ATAPKOTA.COM, PEMATANGSIANTAR – Di hadapan Anggota DPD RI Daerah Pemilihan Sumatera Utara, Pdt. Penrad Siagian, S.Th., M.Si., Teol., Seorang pedagang yang enggan disebutkan namanya turut menyampaikan kritik terhadap kondisi penataan Pasar Dwikora. Menurutnya, perhatian pemerintah dan pengelola pasar seharusnya tidak hanya terfokus pada pedagang yang beraktivitas di luar area pasar.
“Jangan karena yang di luar dianggap lebih banyak memberikan keuntungan, lalu yang berada di dalam pasar menjadi kurang diperhatikan,” ujarnya kepada wartawan sembari menunjukkan lokasi kios miliknya yang telah rata dengan tanah akibat kebakaran. Ia mengaku berencana membangun kembali kios tersebut secara mandiri.
Sementara itu, pedagang lainnya, Okta Desy Simbolon, mengungkapkan bahwa enam kios miliknya yang digunakan untuk berjualan hasil bumi turut hangus terbakar dalam peristiwa tersebut. Okta sempat menjadi perhatian publik setelah video yang memperlihatkan dirinya menyampaikan aspirasi kepada perwakilan Pemerintah Kota Pematangsiantar saat berada di lokasi kebakaran beredar luas di media sosial.
Dalam kesempatan itu, Okta meminta adanya keterbukaan dan kepastian dari para pemangku kepentingan terkait penanganan pascakebakaran Pasar Dwikora.
“Kami hanya membutuhkan keterbukaan dan kepastian. Jangan sampai ada pihak yang saling melempar tanggung jawab. Yang kami harapkan adalah duduk bersama antara pedagang yang terdampak, Pemerintah Kota Pematangsiantar, dan PD Pasar Horas Jaya untuk mencari solusi terbaik,” kata Okta.
Ia juga menilai penataan pasar secara menyeluruh perlu menjadi perhatian pemerintah daerah. Menurutnya, optimalisasi area di dalam pasar dapat memberikan manfaat bagi pedagang maupun pemerintah daerah.

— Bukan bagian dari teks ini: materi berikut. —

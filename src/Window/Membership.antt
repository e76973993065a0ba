-- ===== src/Window/Membership.antt =====
-- The membership of a trace in a window.
use tasc.Base.{
  ◌≤◌, ◌<◌, ◌≡◌, refl, sym, subst, Option, none, some, arith, ◌==◌, last?, ok, require, >>=-eq-ok,
}
use tasc.Text.{text_eq}
use tasc.Timestamp.{milliseconds}
use tasc.Window.Types.{
  Attempt, Trace, WindowManifest, WindowContracts, first_attempt, split_online, not_online,
  other_protocol, other_policy, other_window, other_membership,
}
use tasc.Window.{parse_manifest}
use tasc.Window.Traces.{bucket, check_times, assert_trace_belongs}
use tasc.Window.Revision.{parse_manifest-same}

-- What it is for a trace to belong to a window.
pub record Belongs (w : WindowContracts) (t : Trace) (m : WindowManifest) : Type 0 where
  pub parsed : parse_manifest w m ≡ ok m
  pub online : t.split ≡ split_online
  pub protocol : t.protocol_digest ≡ m.protocol_digest
  pub policy : t.policy_digest ≡ m.frozen_policy_digest
  pub window : t.collection_window_id ≡ m.window_id
  pub membership : t.collection_window_membership_digest ≡ m.membership_digest
  pub first : Attempt
  pub is_first : first_attempt t.attempts ≡ some first
  pub last : Attempt
  pub is_last : last? t.attempts ≡ some last
  pub started : milliseconds m.event_time_start_inclusive ≤ milliseconds first.started_at
  pub before_end : milliseconds first.started_at < milliseconds m.event_time_end_exclusive
  pub completed : milliseconds last.completed_at ≤ milliseconds m.ingestion_watermark
  pub sampled :
      bucket w m.membership_rule t.case_id t.replicate_id < m.membership_rule.sample_basis_points

-- The times, by the attempts that there are.
record InTime (w : WindowContracts) (t : Trace) (m : WindowManifest) (a b : Option Attempt)
    : Type 0 where
  first : Attempt
  is_first : a ≡ some first
  last : Attempt
  is_last : b ≡ some last
  started : milliseconds m.event_time_start_inclusive ≤ milliseconds first.started_at
  before_end : milliseconds first.started_at < milliseconds m.event_time_end_exclusive
  completed : milliseconds last.completed_at ≤ milliseconds m.ingestion_watermark
  sampled :
      bucket w m.membership_rule t.case_id t.replicate_id < m.membership_rule.sample_basis_points

check_times-InTime :
    (w : WindowContracts) (t : Trace) (m : WindowManifest) (a b : Option Attempt)
    → check_times w t m a b ≡ ok tt
    → InTime w t m a b
unfolding check_times
check_times-InTime w t m none b h = cc
check_times-InTime w t m (some x) none h = cc
check_times-InTime w t m (some x) (some y) h = record {
  first = x;
  is_first = refl;
  last = y;
  is_last = refl;
  started = ground arith;
  before_end = ground arith;
  completed = ground arith;
  sampled = ground arith;
}

-- The four identities and the split that a trace declares.
pub check_parsed :
    (w : WindowContracts) (t : Trace) (input : WindowManifest)
    → assert_trace_belongs w t input ≡ ok tt
    → (m : WindowManifest) × (parse_manifest w input ≡ ok m)
      × (t.split ≡ split_online)
      × (t.protocol_digest ≡ m.protocol_digest)
      × (t.policy_digest ≡ m.frozen_policy_digest)
      × (t.collection_window_id ≡ m.window_id)
      × (t.collection_window_membership_digest ≡ m.membership_digest)
      × (check_times w t m (first_attempt t.attempts) (last? t.attempts) ≡ ok tt)
unfolding assert_trace_belongs
check_parsed w t input h =
    let (m, p, h0) = >>=-eq-ok (parse_manifest w input) _ h in
    let (_, a, h1) = >>=-eq-ok (require (t.split == split_online) not_online) _ h0 in
    let (_, b, h2) =
      >>=-eq-ok (require (t.protocol_digest == m.protocol_digest) other_protocol) _ h1 in
    let (_, c, h3) =
      >>=-eq-ok (require (t.policy_digest == m.frozen_policy_digest) other_policy) _ h2 in
    let (_, d, h4) =
      >>=-eq-ok (require (t.collection_window_id == m.window_id) other_window) _ h3 in
    let (_, e, h5) =
      >>=-eq-ok
        (require (t.collection_window_membership_digest == m.membership_digest) other_membership) _
        h4 in
    (
      m,
      p,
      ground (arith, a),
      ground (arith, b),
      ground (arith, c),
      ground (arith, d),
      ground (arith, e),
      h5,
    )

-- A trace that is accepted is an online one of the manifest's protocol, policy, window and sampling
-- rule, starts in the half-open interval, completes by the watermark, and is in the sample.
pub assert_trace-Belongs :
    (w : WindowContracts) (t : Trace) (input : WindowManifest)
    → assert_trace_belongs w t input ≡ ok tt
    → Belongs w t input
assert_trace-Belongs w t input h =
    let (m, p, a, b, c, d, e, times) = check_parsed w t input h in
    let k = check_times-InTime w t m (first_attempt t.attempts) (last? t.attempts) times in
    let (same, good) = parse_manifest-same w input p in
    subst (λ x. Belongs w t x) same
      (record {
        parsed = subst (λ x. parse_manifest w x ≡ ok x) (sym same) good;
        online = a;
        protocol = b;
        policy = c;
        window = d;
        membership = e;
        first = k.first;
        is_first = k.is_first;
        last = k.last;
        is_last = k.is_last;
        started = k.started;
        before_end = k.before_end;
        completed = k.completed;
        sampled = k.sampled;
      })

-- No trace belongs to two windows of which one ends before the other starts, or as it starts.
pub assert_trace-disjoint :
    (w : WindowContracts) (t : Trace) (m n : WindowManifest)
    → milliseconds m.event_time_end_exclusive ≤ milliseconds n.event_time_start_inclusive
    → assert_trace_belongs w t m ≡ ok tt
    → ¬ (assert_trace_belongs w t n ≡ ok tt)
assert_trace-disjoint w t m n apart h k =
    let a = assert_trace-Belongs w t m h in
    let b = assert_trace-Belongs w t n k in
    ground (arith, apart, a.is_first, b.is_first, a.before_end, b.started)
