-- ===== src/Examples/Window.antt =====
-- The theorems on windows, at one manifest, its revision and one trace.
use tasc.Base.{
  ℕ, zero, suc, ◌+◌, ◌≡◌, refl, ◌≤◌, true, [], ◌∷◌, ◌++◌, none, some, ok, arith, ℕ_discrete,
}
use tasc.Text.{Text, codes, is_slug, is_digest, Text-discrete}
use tasc.Timestamp.{is_timestamp, is_contract_timestamp, milliseconds}
use tasc.Controller.Types.{Ledger}
use tasc.Controller.Ledger.{find_ledger, append_revision, apply_window}
use tasc.Window.Types.{
  unavailable, ManifestBody, WindowManifest, Changes, Attempt, Trace, WindowContracts,
  Capacity-discrete,
}
use tasc.Window.{create_revision, project_manifest}
use tasc.Window.Schema.{valid_body, valid_changes}
use tasc.Window.Traces.{assert_trace_belongs}
use tasc.Window.Revision.{projection, create_revision-accepted}
use tasc.Window.Identity.{create_revision-keeps_traces}
use tasc.Window.Membership.{Belongs, assert_trace-Belongs, assert_trace-disjoint}

abbrev replicate : ℕ → ℕ → Text
replicate zero c = []
replicate (suc n) c = c ∷ replicate n c

abbrev digest_with : ℕ → Text
digest_with c = codes "sha256:" ++ (replicate 63 b'a' ++ c ∷ [])

-- Stands for SHA-256.
abbrev contracts : WindowContracts
contracts = record {
  digest_manifest = λ m. digest_with (b'0' + m.revision);
  digest_membership = λ _ _ _. digest_with b'f';
  digest_capacity = λ _. digest_with b'e';
  digest_selection = λ _ _ _. 30012;
  fits_manifest = λ _. true;
  fits_changes = λ _. true;
  fits_body = λ _. true;
  fits_binding = λ _ _ _. true;
  fits_selection = λ _ _ _. true;
  fits_policy = λ _. true;
}

abbrev body : Text → Text → ManifestBody
body start end = record {
  window_id = codes "window";
  protocol_digest = digest_with b'1';
  frozen_policy_digest = digest_with b'2';
  event_time_start_inclusive = start;
  event_time_end_exclusive = end;
  ingestion_watermark = codes "2026-07-29T00:00:00.000Z";
  closure_reason = codes "elapsed";
  membership_rule = record { seed = codes "seed"; sample_basis_points = 5000 };
  membership_digest = digest_with b'f';
  revision = 1;
  predecessor_manifest_digest = none;
  trace_set_digest = digest_with b'4';
  evaluator_set_digest = digest_with b'5';
  capacity_evidence = unavailable (codes "none");
}

abbrev day : ℕ → Text
day c = codes "2026-07-2" ++ c ∷ codes "T00:00:00.000Z"

abbrev sealed : ManifestBody → WindowManifest
sealed m = record { body = m; self_digest = digest_with (b'0' + m.revision) }

abbrev first : WindowManifest
first = sealed (body (day b'2') (day b'3'))

abbrev next : WindowManifest
next = sealed (body (day b'3') (day b'4'))

abbrev changes : Changes
changes = record {
  ingestion_watermark = codes "2026-07-29T12:00:00.000Z";
  closure_reason = codes "late-data";
  trace_set_digest = digest_with b'6';
  evaluator_set_digest = digest_with b'5';
  capacity_evidence = unavailable (codes "none");
}

abbrev second : WindowManifest
second = sealed (record (body (day b'2') (day b'3')) {
  ingestion_watermark = codes "2026-07-29T12:00:00.000Z";
  closure_reason = codes "late-data";
  revision = 2;
  predecessor_manifest_digest = some (digest_with b'1');
  trace_set_digest = digest_with b'6';
})

revised : create_revision contracts first changes ≡ ok second
unfolding create_revision is_slug is_digest Text-discrete ℕ_discrete Capacity-discrete
    is_contract_timestamp valid_body valid_changes milliseconds
revised = refl

old_time : is_timestamp first.ingestion_watermark ≡ true
unfolding is_timestamp ℕ_discrete Text-discrete
old_time = refl

new_time : is_timestamp changes.ingestion_watermark ≡ true
unfolding is_timestamp ℕ_discrete Text-discrete
new_time = refl

abbrev ledger : Ledger
ledger = record { window_id = codes "window"; revisions = projection contracts first ∷ [] }

found : find_ledger first.window_id (ledger ∷ []) ≡ some ledger
unfolding find_ledger Text-discrete ℕ_discrete
found = refl

create_revision-accepted_example :
    (project_manifest contracts second ≡ ok (projection contracts second))
    × (apply_window (ledger ∷ []) (projection contracts second)
        ≡ ok (append_revision (projection contracts second) (ledger ∷ [])))
create_revision-accepted_example =
    create_revision-accepted contracts (ledger ∷ []) ledger first second changes revised old_time
      new_time (λ _. refl) found refl

abbrev attempt : Attempt
attempt = record {
  started_at = codes "2026-07-22T10:00:00.000Z";
  completed_at = codes "2026-07-22T10:00:01.000Z";
}

abbrev trace : Trace
trace = record {
  split = codes "online";
  protocol_digest = digest_with b'1';
  policy_digest = digest_with b'2';
  collection_window_id = codes "window";
  collection_window_membership_digest = digest_with b'f';
  attempts = attempt ∷ [];
  case_id = codes "case";
  replicate_id = codes "r1";
}

belongs : assert_trace_belongs contracts trace first ≡ ok tt
unfolding assert_trace_belongs is_slug is_digest Text-discrete ℕ_discrete Capacity-discrete
    is_contract_timestamp valid_body milliseconds
belongs = refl

assert_trace-Belongs_example : Belongs contracts trace first
assert_trace-Belongs_example = assert_trace-Belongs contracts trace first belongs

apart : milliseconds first.event_time_end_exclusive ≤ milliseconds next.event_time_start_inclusive
apart = omega arith

assert_trace-disjoint_example : ¬ (assert_trace_belongs contracts trace next ≡ ok tt)
assert_trace-disjoint_example = assert_trace-disjoint contracts trace first next apart belongs

create_revision-keeps_traces_example : assert_trace_belongs contracts trace second ≡ ok tt
create_revision-keeps_traces_example =
    create_revision-keeps_traces contracts trace first second changes revised belongs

“Kami tidak mempermasalahkan pedagang yang berjualan di luar. Namun, kami berharap ada penataan yang lebih baik dengan mengoptimalkan area di dalam pasar. Jika tata kelola pasar dilakukan dengan baik, potensi peningkatan retribusi pasar dan pendapatan daerah juga dapat bertambah. Area di luar pasar pun bisa dimanfaatkan sesuai peruntukannya, termasuk sebagai lahan parkir yang tertata,” ujarnya.
Okta menambahkan bahwa Pasar Dwikora merupakan salah satu pusat perdagangan terbesar di Kota Pematangsiantar yang dikelola PD Pasar Horas Jaya dan berada di bawah kewenangan Pemerintah Kota Pematangsiantar. Karena itu, ia berharap seluruh pihak dapat mengedepankan transparansi dan komunikasi yang terbuka demi menghasilkan solusi yang menguntungkan semua pihak.
“Itu yang kami harapkan saat ini, yakni keterbukaan kepada para pedagang agar solusi yang dihasilkan benar-benar memberikan manfaat bagi semua,” tutupnya.